Saddiq Dzukogi (born in Minna) is a Nigerian poet and assistant professor at University of Nebraska-Lincoln and has previously taught at Mississippi State University's Department of English. He is the author of Your Crib, My Qibla, a highly-acclaimed poetry collection which has earned him the 2022 Derek Walcott Prize for Poetry, and the 2021 Julie Suk Award as a co-winner. The collection was also shortlisted for the $100,000 Nigeria Prize for Literature.

== Education ==
Saddiq Dzukogi holds a degree in mass communication from Ahmadu Bello University, Zaria in 2015. In 2022, he received a PhD in English with specialization in Ethnic Studies & Creative Writing at the University of Nebraska–Lincoln where he was a recipient of the Othmer Fellowship. At the University of Nebraska–Lincoln, Dzukogi was awarded the "Student Luminary Award" in 2022 in recognition of his exceptional leadership and commitment to improving the university campus, and the Vreeland Award for Poetry in 2020 and 2022.

== Works and awards ==
Dzukogi is the author of Inside the Flower Room, which was selected by Kwame Dawes and Chris Abani for the APBF New-Generation African Poets Chapbook Series (2018). His poems have appeared in Oxford Review of Books, Kenyon Review, Oxford Poetry, Salamander, Southeast Review, Crab Orchard Review, Prairie Schooner, New Orleans Review, South Dakota Review, and Obsidian, among others.
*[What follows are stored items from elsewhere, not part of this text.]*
-- ===== src/Store/Tiers.antt =====
-- What the hash chain of internal/vault/store.go does not cover: the tiers of the rows.
use joyvend_secretvault.Shared.{ℕ, ◌+◌, ◌≡◌, refl, List, [], ◌∷◌, map}
use joyvend_secretvault.Text.{Bytes}
use joyvend_secretvault.Model.{AuditEntry, Tier}
use joyvend_secretvault.Store.{Library, Store}
use joyvend_secretvault.Store.Audit.{audit_hash, verify_from, verify_audit}

abbrev pub with_tier : Tier → AuditEntry → AuditEntry
with_tier t e = record e { tier = t }

module _ (lib : Library) where
  audit_hash-with_tier :
      (prev : Bytes) (t : Tier) (e : AuditEntry)
      → audit_hash lib prev (with_tier t e) ≡ audit_hash lib prev e
  unfolding audit_hash
  audit_hash-with_tier prev t e = refl

  verify_from-with_tier :
      (f : AuditEntry → Tier) (prev : Bytes) (i : ℕ) (l : List AuditEntry)
      → verify_from lib prev i (map (λ e. with_tier (f e) e) l) ≡ verify_from lib prev i l
  unfolding verify_from
  verify_from-with_tier f prev i [] = refl
  verify_from-with_tier f prev i (e ∷ l) =
      rw (audit_hash-with_tier prev (f e) e, verify_from-with_tier f e.hash (i + 1) l) refl

  -- Whatever tiers are written into the rows of a log, the verification answers as before.
  pub verify_audit-with_tier :
      (f : AuditEntry → Tier) (s : Store)
      → verify_audit lib
          (record s { doc = record s.doc { audit = map (λ e. with_tier (f e) e) s.doc.audit } })
        ≡ verify_audit lib s
  unfolding verify_audit
  verify_audit-with_tier f s = verify_from-with_tier f [] 0 s.doc.audit
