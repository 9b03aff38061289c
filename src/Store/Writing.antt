-- ===== src/Store/Writing.antt =====
-- `writeFile` of internal/vault/store.go, call by call: what a crash between two calls leaves.
use joyvend_secretvault.Shared.{
  ℕ, ◌≡◌, refl, ◌⊎◌, inl, inr, if◌then◌else◌, Option, none, some, [], ◌∷◌, take, Option-cases,
  Bool-cases,
}
use joyvend_secretvault.Text.{Bytes}
use joyvend_secretvault.Store.{
  Io, Files, create_temp, rename_temp, remove_temp, write_temp, file_steps, write_steps,
}

abbrev pub before_writing : Option Bytes → Files
before_writing disk = record { path = disk; temp = none }

abbrev pub IsOldOrNew : Option Bytes → Bytes → Option Bytes → Type 0
IsOldOrNew disk file there = (there ≡ disk) ⊎ (there ≡ some file)

prefix_unrenamed :
    (n : ℕ) (b : Bytes) (disk : Option Bytes)
    → (file_steps
        (take n (create_temp ∷ write_temp b ∷ remove_temp ∷ []))
        (before_writing disk)).path
      ≡ disk
unfolding file_steps
prefix_unrenamed ℕ.zero b disk = refl
prefix_unrenamed (ℕ.suc ℕ.zero) b disk = refl
prefix_unrenamed (ℕ.suc (ℕ.suc ℕ.zero)) b disk = refl
prefix_unrenamed (ℕ.suc (ℕ.suc (ℕ.suc ℕ.zero))) b disk = refl
prefix_unrenamed (ℕ.suc (ℕ.suc (ℕ.suc (ℕ.suc n)))) b disk = refl

prefix_renamed :
    (n : ℕ) (b : Bytes) (disk : Option Bytes)
    → IsOldOrNew disk b
        (file_steps
          (take n (create_temp ∷ write_temp b ∷ rename_temp ∷ remove_temp ∷ []))
          (before_writing disk)).path
unfolding file_steps
prefix_renamed ℕ.zero b disk = inl refl
prefix_renamed (ℕ.suc ℕ.zero) b disk = inl refl
prefix_renamed (ℕ.suc (ℕ.suc ℕ.zero)) b disk = inl refl
prefix_renamed (ℕ.suc (ℕ.suc (ℕ.suc ℕ.zero))) b disk = inr refl
prefix_renamed (ℕ.suc (ℕ.suc (ℕ.suc (ℕ.suc ℕ.zero)))) b disk = inr refl
prefix_renamed (ℕ.suc (ℕ.suc (ℕ.suc (ℕ.suc (ℕ.suc n))))) b disk = inr refl

-- However the calls of `writeFile` end, and after any number of them, as after a crash: the path holds
-- the file that was there or the whole new one. After all of them it holds the new one if `writeFile`
-- succeeds and the old one if not, and no temporary file is left. (Its removal does not fail.)
pub file_steps-write_steps :
    (io : Io) (file : Bytes) (disk : Option Bytes) (n : ℕ)
    → IsOldOrNew disk file (file_steps (take n (write_steps io file).0) (before_writing disk)).path
      × (file_steps (write_steps io file).0 (before_writing disk)
          ≡ before_writing (if (write_steps io file).1 then some file else disk))
unfolding file_steps write_steps
file_steps-write_steps io file disk n = elim (Bool-cases io.created) [
  | inr f ↦ rw f (inl (nothing n), refl)
  | inl t ↦ elim (Option-cases io.write_stops) [
    | inr (m, e) ↦ rw (t, e) (inl (prefix_unrenamed n (take m file) disk), refl)
    | inl e ↦ elim (Bool-cases io.synced) [
      | inr f ↦ rw (t, e, f) (inl (prefix_unrenamed n file disk), refl)
      | inl synced ↦ elim (Bool-cases io.closed) [
        | inr f ↦ rw (t, e, synced, f) (inl (prefix_unrenamed n file disk), refl)
        | inl closed ↦ elim (Bool-cases io.renamed) [
          | inr f ↦ rw (t, e, synced, closed, f) (inl (prefix_unrenamed n file disk), refl)
          | inl renamed ↦ rw (t, e, synced, closed, renamed) (prefix_renamed n file disk, refl)
        ]
      ]
    ]
  ]
]
  where
    nothing : (n : ℕ) → (file_steps (take n []) (before_writing disk)).path ≡ disk
    nothing ℕ.zero = refl
    nothing (ℕ.suc n) = refl
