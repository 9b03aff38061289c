-- ===== src/Tests.antt =====
-- Concrete data for the models, and each theorem of the header at an input
-- where its hypotheses hold. No other module uses these.
mod Fixtures
mod Documents
mod Hosts
mod Headers
mod Vaults
mod Fetches
mod Waits
mod Planes
mod Answers
mod Apps
mod Sessions
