-- ===== src/Tests/Fixtures.antt =====
-- Concrete parsers, primitives and libraries, as small functions with the documented behaviour.
use joyvend_secretvault.Shared.{
  ℕ, ◌+◌, ◌*◌, ◌/◌, ltb, ◌-◌, ◌%◌, ◌≡◌, refl, ap, true, false, Option, none, some, List, [], ◌∷◌,
  ◌++◌, arith, leb, ◌==◌, if◌then◌else◌, length, take, length-append, take-append_length, pos,
}
use joyvend_secretvault.Text.{Bytes, text, bytes_eq, Unicode}
use joyvend_secretvault.Maps.{Map}
use joyvend_secretvault.Net.{Url, Parsers}
use joyvend_secretvault.Secret.{Primitives, Keyring}
use joyvend_secretvault.Secret.Sealing.{IsAead}
use joyvend_secretvault.Model.{bearer, auto, confirm, Credential, Grant, AuditEntry, allowed}
use joyvend_secretvault.Limiter.{Floats}
use joyvend_secretvault.Store.{Library, Store, Io}
use joyvend_secretvault.Store.Lifecycle.{first_doc}

abbrev pub plain_unicode : Unicode
plain_unicode = record { to_lower_wide = λ s. s; to_upper_wide = λ s. s; trim_space_wide = λ s. s }

abbrev pub api_host : Bytes
api_host = text "api.x.io"

abbrev pub api_url : Bytes
api_url = text "https://api.x.io/v1"

abbrev pub parsed_url : Url
parsed_url = record {
  scheme = text "https";
  has_user = false;
  host = api_host;
  hostname = api_host;
  port = [];
  address = api_url;
}

-- Knows one address literal and one URL.
abbrev pub small_parsers : Parsers
small_parsers = record {
  unicode = plain_unicode;
  parse_ip = λ s. if bytes_eq s (text "10.0.0.7") then some (10 ∷ 0 ∷ 0 ∷ 7 ∷ []) else none;
  ip_string = λ ip. text "10.0.0.7";
  to_ascii = λ s. some s;
  parse_url = λ s. if bytes_eq s api_url then some parsed_url else none;
}

abbrev pub zeros : ℕ → Bytes
zeros ℕ.zero = []
zeros (ℕ.suc n) = 0 ∷ zeros n

-- Numbers in sixty-thousand-millionths, exact on the whole numbers.
abbrev pub unit : ℕ
unit = 60_000_000_000

abbrev pub fixed_point : Floats
fixed_point = record {
  of_int = λ n. n * unit;
  add = λ x y. x + y;
  sub = λ x y. x - y;
  mul = λ x y. x * y / unit;
  div = λ x y. x * unit / y;
  less = λ x y. ltb x y;
  seconds = λ d. d * 60;
}

-- Every call of a save succeeds.
abbrev pub good_io : Io
good_io = record {
  nonce = some (zeros 12);
  created = true;
  write_stops = none;
  synced = true;
  closed = true;
  renamed = true;
}

-- A cipher that appends a tag and hides nothing.
abbrev pub open_tag : Bytes → Option Bytes
open_tag ct = if leb 16 (length ct) then some (take (length ct - 16) ct) else none

abbrev pub plain_primitives : Primitives
plain_primitives = record {
  derive_kek = λ password salt. zeros 32;
  valid_key = λ key. length key == 32;
  gcm_seal = λ key nonce pt. pt ++ zeros 16;
  gcm_open = λ key nonce ct. open_tag ct;
}

open_tag-append : (pt : Bytes) → open_tag (pt ++ zeros 16) ≡ some pt
open_tag-append pt =
    let long : leb 16 (length (pt ++ zeros 16)) ≡ true =
      ground (arith, length-append pt (zeros 16)) in
    let size : length (pt ++ zeros 16) - 16 ≡ length pt =
      omega (arith, length-append pt (zeros 16)) in
    rw (long, size, take-append_length (length pt) pt (zeros 16) refl)

pub plain_primitives-IsAead : IsAead plain_primitives
plain_primitives-IsAead = record {
  opens = λ key nonce pt. open_tag-append pt;
  overhead = λ key nonce pt. length-append pt (zeros 16);
  kek_len = λ password salt. refl;
  accepts = λ key h. ground arith;
}

-- The text of a document that is as a new vault's is: its salt.
abbrev pub marshal_fields : ℕ → Bytes → Map Credential → List Grant → List AuditEntry → Option Bytes
marshal_fields (ℕ.suc ℕ.zero) salt [] [] [] = some salt
marshal_fields v salt cs gs es = none

abbrev pub unary : ℕ → Bytes
unary ℕ.zero = []
unary (ℕ.suc n) = b'1' ∷ unary n

pub unary_injective : (m n : ℕ) → unary m ≡ unary n → m ≡ n
unary_injective ℕ.zero ℕ.zero e = refl
unary_injective ℕ.zero (ℕ.suc n) e = cc
unary_injective (ℕ.suc m) ℕ.zero e = cc
unary_injective (ℕ.suc m) (ℕ.suc n) e = ap ℕ.suc (unary_injective m n (ground arith))

abbrev pub small_library : Library
small_library = record {
  parsers = small_parsers;
  primitives = plain_primitives;
  floats = fixed_point;
  marshal = λ d. marshal_fields d.version d.fp_salt d.credentials d.grants d.audit;
  unmarshal = λ b. some (first_doc b);
  sha256 = λ x. (length x % 256) ∷ zeros 31;
  show_int = λ n. unary n;
  format_time = λ t. unary t;
}

-- One that writes every document.
abbrev pub writing_library : Library
writing_library = record small_library { marshal = λ d. some [] }

abbrev pub key_name : Bytes
key_name = text "github"

abbrev pub secret_value : Bytes
secret_value = text "tok_0123456789"

abbrev pub bearer_credential : Credential
bearer_credential = record {
  auth_type = bearer;
  secret = secret_value;
  header_name = [];
  username = [];
  template = [];
  allow_hosts = text "*.x.io" ∷ [];
  allow_priv = false;
  allow_insecure = false;
  read_tier = auto;
  write_tier = confirm;
  expires_at = none;
  rate_per_min = pos 2;
  created_at = 5;
}

abbrev pub small_header : Bytes
small_header = text "JVS1" ++ (zeros 28 ++ (zeros 32 ++ zeros 16))

abbrev pub small_key : Keyring
small_key = record { dek = zeros 32; header = small_header }

abbrev pub sample_row : ℕ → AuditEntry
sample_row at = record {
  time = at;
  credential = key_name;
  method = text "GET";
  host = api_host;
  decision = allowed;
  tier = auto;
  status = 20;
  bytes = 3;
  source = text "mcp";
  latency_ms = 1;
  prev_hash = [];
  hash = [];
}

abbrev pub small_store : Store
small_store = record {
  key = some small_key;
  doc = record {
    version = 1;
    fp_salt = zeros 16;
    credentials = (key_name, bearer_credential) ∷ [];
    grants = [];
    audit = [];
  };
  enabled = (key_name, true) ∷ [];
  disk = none;
}
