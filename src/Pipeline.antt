-- ===== src/Pipeline.antt =====
-- The way of an event from the service through the relay and Kafka to the activity consumer: the
-- steps of System, of workers/outbox_relay.py and of consumers/consumer_base.py with
-- workers/activity_consumer.py, on one state and in any order. The outbox of `db` keeps every event
-- that was written; `table` is the outbox table, which the relay updates and cleans.
pub mod Arrival
pub mod Origin
pub mod Reading
pub mod Relaying
pub mod Traces
pub mod Whereabouts
use miniwallet.Base.{
  ℕ, ◌≡◌, ◌≢◌, ◌&&◌, Bool, if◌then◌else◌, String, Option, List, [], ◌∷◌, ◌++◌, All, IsOneOf, filter,
}
use miniwallet.Schemas.{HashInput}
use miniwallet.Events.{EventEnvelope}
use miniwallet.Db.{Db, OutboxRow}
use miniwallet.System as System
use miniwallet.System.{initial}
use miniwallet.Outbox.{
  Message, Pass, claim_batch, publish_all, confirm_batch, recover_stuck_rows,
  cleanup_published_rows, is_deletable, is_failed,
}
use miniwallet.Consumers.{KafkaMessage, Handled, handle_message}
use miniwallet.Activity.{TransactionActivity, Store, process}

pub record Line : Type 0 where
  pub db : Db
  pub table : List OutboxRow
  -- The rows that relays have claimed, as they hold them.
  pub held : List OutboxRow
  -- The failed rows that the cleanup has removed.
  pub given_up : List OutboxRow
  -- What Kafka has acknowledged to the relay.
  pub log : List Message
  pub activity : List TransactionActivity
  -- The messages whose offset the consumer has committed, and what it has sent to Kafka itself:
  -- retries and dead letters.
  pub committed : List Message
  pub sent : List KafkaMessage

-- The migrated database, and nothing else.
abbrev pub started : Line
started = record {
  db = initial;
  table = [];
  held = [];
  given_up = [];
  log = [];
  activity = [];
  committed = [];
  sent = [];
}

abbrev pub AreApart : OutboxRow → OutboxRow → Type 0
AreApart r x = (r.id ≢ x.id) × (r.payload.event_id ≢ x.payload.event_id)

-- No two rows have the same id, and no two events: each was drawn by its own `uuid4`.
abbrev pub AreDistinct : List OutboxRow → Type 0
AreDistinct [] = Unit
AreDistinct (r ∷ l) = All (AreApart r) l × AreDistinct l

abbrev pub store : Line → Store
store s = record { db = s.db; activity = s.activity }

-- `group_id` of the activity consumer
abbrev pub group_id : String
group_id = "minibank.activity-consumer"

module _ (sha256 : HashInput → String) (json_dumps : EventEnvelope → String)
    (json_loads : String → Option EventEnvelope) (int : String → Option ℕ) (str : ℕ → String) where
  -- The record of a topic that `send_and_wait(row.topic, json.dumps(row.payload).encode())` makes.
  abbrev pub kafka_message : Message → KafkaMessage
  kafka_message m = record { topic = m.topic; value = json_dumps m.payload; headers = [] }

  -- The consumer on one message.
  abbrev pub handled : Message → Store → Handled Store
  handled m s = handle_message json_loads int str process group_id (kafka_message m) s

  -- The line after the consumer has read a message.
  abbrev pub after_reading : Line → Message → Line
  after_reading s m = record s {
    activity = (handled m (store s)).state.activity;
    committed = if (handled m (store s)).committed then m ∷ s.committed else s.committed;
    sent = (handled m (store s)).sent ++ s.sent;
  }

  -- One step of the services, of a relay, or of the consumer. A relay confirms and sends rows that
  -- one has claimed; the consumer reads any message of the log, also one that it has read before.
  pub data Step (s : Line) : Line → Type 0 where
    writes :
        {db' : Db} (events : List OutboxRow)
        → System.Step sha256 s.db db'
        → db'.outbox ≡ events ++ s.db.outbox
        → AreDistinct db'.outbox
        → Step s (record s { db = db'; table = events ++ s.table })
    claims :
        (locked : ℕ → Bool)
        → Step s (record s {
          table = (claim_batch locked s.table).1;
          held = (claim_batch locked s.table).0 ++ s.held;
        })
    confirms :
        (p : Pass) (batch : List OutboxRow)
        → All (λ (r : OutboxRow). IsOneOf r s.held) batch
        → Step s (record s {
          table = confirm_batch (publish_all p batch s.log).0 s.table;
          log = (publish_all p batch s.log).1;
        })
    crashes :
        (p : Pass) (batch : List OutboxRow)
        → All (λ (r : OutboxRow). IsOneOf r s.held) batch
        → Step s (record s { log = (publish_all p batch s.log).1 })
    recovers : (now : ℕ) → Step s (record s { table = recover_stuck_rows now s.table })
    cleans :
        (now : ℕ)
        → Step s (record s {
          table = cleanup_published_rows now s.table;
          given_up =
              filter (λ (r : OutboxRow). is_deletable now r && is_failed r.status) s.table
              ++ s.given_up;
        })
    reads : (m : Message) → IsOneOf m s.log → Step s (after_reading s m)

  -- The states that the whole can reach.
  pub data Run : Line → Type 0 where
    starts : Run started
    steps : {s t : Line} → Run s → Step s t → Run t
Dzukogi was a finalist for the 2017 Brunel International African Poetry Prize. His poem "Paradise" won him the 2021 Wilbur Gaffney Poetry Prize. He was the first-Runner up for the 2022 Maureen Egan Writers Exchange Award. He has also been a three-time finalist for the Association of Nigeria Authors' Poetry Prize in 2012, 2014 and 2016.

In October 2022, Dzukogi's anthology, Your Crib, My Qibla was announced as the winner of the Derek Walcott Prize for Poetry. In the same month, the collection was announced as a co-winner of the Julie Suk Award for the Best Poetry Book Published by a Literary Press in 2021. The collection was equally one of the three shortlisted for the $100,000 Nigeria Prize for Literature.

The anthology was selected as one of Oprah Daily's 29 best poetry books in America for 2021. It was also named as one of the 50 Notable African Books of 2021 by the Africa Centre and Brittle Paper, as one of the 20 must-read literary books of 2021 in the Africa Report.

Dzukogi was at different times a recipient of several fellowships and grants from the Nebraska Arts Council, Mississippi Arts Commission, Pen America, the Obsidian Foundation, and the University of Nebraska–Lincoln, and the Ebedi International Writers Residency.